Jessica St. Clair and Lennon Parham, Playing House

Nicole Wilder/USA Network


Emma's storyline -- which kicks off in the fourth episode of the eight-episode season -- starts off with some reliably ridiculous comedy. While pretending to be a patient at the hospital where Maggie works in order to play matchmaker for Maggie and a sexy British doctor (Ben Willbond), Emma receives a physical that eventually reveals a tumor in her breast. The season then follows Emma's diagnosis and reaction -- she starts to google ways to die before 40 and struggles to find the perfect outfit to wear to meet her oncologist (Laurie Metcalf) -- before leading into her surgery, which is told from Maggie's perspective as a caretaker because Emma is under anesthesia.

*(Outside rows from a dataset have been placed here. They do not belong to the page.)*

-- ===== src/WorldState/Hierarchy/Walk.antt =====
-- services/world_state.py: the walk of `_validate_parent_chain` ends, and what it has seen.
use elowyn_assist.Common.{
  ℕ, zero, suc, ◌≡◌, ◌≢◌, ◌<◌, refl, true, false, Option, none, some, List, ◌∷◌, inl, inr, contains,
  Bool-cases, arith,
}
use elowyn_assist.Domain.Enums.{EntityType}
use elowyn_assist.Domain.Errors.{ok, err, fuel_spent, sequence-ok, sequence-err}
use elowyn_assist.Db.Rows.{Entity}
use elowyn_assist.Db.Store.{Db}
use elowyn_assist.WorldState.Guards.{active_entity, get_entity}
use elowyn_assist.WorldState.Hierarchy.{Parents, climb, walk}

-- From `i` up to a root, the parents are rows and none is `child`.
pub data Clear (up : Parents) (child : ℕ) : ℕ → Type 0 where
  root : {i : ℕ} → i ≢ child → up i ≡ some none → Clear up child i
  above :
      {i parent : ℕ}
      → i ≢ child
      → up i ≡ some (some parent)
      → Clear up child parent
      → Clear up child i

active_entity_ends :
    (i : ℕ) (t : Option EntityType) (db : Db) → active_entity i t db ≢ err fuel_spent
unfolding active_entity
active_entity_ends i t db h = go (get_entity i db) refl
  where
    go : (found : Option Entity) → get_entity i db ≡ found → ⊥
    go none e = absurd (ground arith)
    go (some entity) e = absurd (ground arith)

module _ (up : Parents) (db : Db) (t : EntityType) where
  -- A walk that returns has found a chain that avoids what was seen before it.
  pub walk-Clear :
      (fuel : ℕ) (seen : List ℕ) (child current : ℕ)
      → contains child seen ≡ true
      → walk fuel t up db seen current ≡ ok tt
      → Clear up child current
  unfolding walk
  walk-Clear zero seen child current c h = absurd (cc)
  walk-Clear (suc fuel) seen child current c h = elim (Bool-cases (contains current seen)) [
    | inl e ↦ absurd (ground arith)
    | inr e ↦
        let next = walk fuel t up db (current ∷ seen) in
        let (_, _, climbs) =
          sequence-ok (active_entity current (some t) db) (λ _. climb next (up current)) tt
            (ground arith) in
        go e (λ parent. walk-Clear fuel (current ∷ seen) child parent (ground arith)) (up current)
          refl climbs
  ]
    where
      go :
          contains current seen ≡ false
          → ((parent : ℕ)
              → walk fuel t up db (current ∷ seen) parent ≡ ok tt
              → Clear up child parent)
          → (found : Option (Option ℕ)) → up current ≡ found
          → climb (walk fuel t up db (current ∷ seen)) found ≡ ok tt
          → Clear up child current
      go e rest none f k = absurd (cc)
      go e rest (some none) f k = root (λ same. absurd (cc)) f
      go e rest (some (some parent)) f k = above (λ same. absurd (cc)) f (rest parent k)

  -- Each round but the last brings a row that was not seen before.
  module _ (left : List ℕ → ℕ)
      (shrinks : (seen : List ℕ) (i : ℕ) (above : Option ℕ)
        → contains i seen ≡ false
        → up i ≡ some above
        → left (i ∷ seen) < left seen) where
    pub walk_ends :
        (fuel : ℕ) (seen : List ℕ) (current : ℕ)
        → left seen < fuel
        → walk fuel t up db seen current ≢ err fuel_spent
    unfolding walk
    walk_ends zero seen current l h = absurd (omega arith)
    walk_ends (suc fuel) seen current l h = elim (Bool-cases (contains current seen)) [
      | inl e ↦ absurd (ground arith)
      | inr e ↦
          let next = walk fuel t up db (current ∷ seen) in
          elim (sequence-err (active_entity current (some t) db) (λ _. climb next (up current))
            fuel_spent (ground arith)) [
              | inl raised ↦ active_entity_ends current (some t) db raised
              | inr (_, _, climbs) ↦
                  go
                    (λ parent f k.
                      walk_ends fuel (current ∷ seen) parent
                        (omega (arith, shrinks seen current (some parent) e f)) k)
                    (up current) refl climbs
            ]
    ]
      where
        go :
            ((parent : ℕ)
              → up current ≡ some (some parent)
              → walk fuel t up db (current ∷ seen) parent ≡ err fuel_spent
              → ⊥)
            → (found : Option (Option ℕ)) → up current ≡ found
            → climb (walk fuel t up db (current ∷ seen)) found ≡ err fuel_spent
            → ⊥
        go rest none f k = cc
        go rest (some none) f k = cc
        go rest (some (some parent)) f k = rest parent f k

The remaining three episodes are a return to the series' more traditionally lighthearted fare -- think a Game of Thrones-themed birthday party where Keegan-Michael Key's Mark dresses up as Khal Drogo, or a flat tire that sends the girls on an unexpected adventure involving drag queens and lip syncing to Tina Turner. But these later episodes aren't the show shrugging off Emma's cancer or trying to move past it, they take care to show how she is changing or has been changed by her experience, while acknowledging that the themes being depicted are universal.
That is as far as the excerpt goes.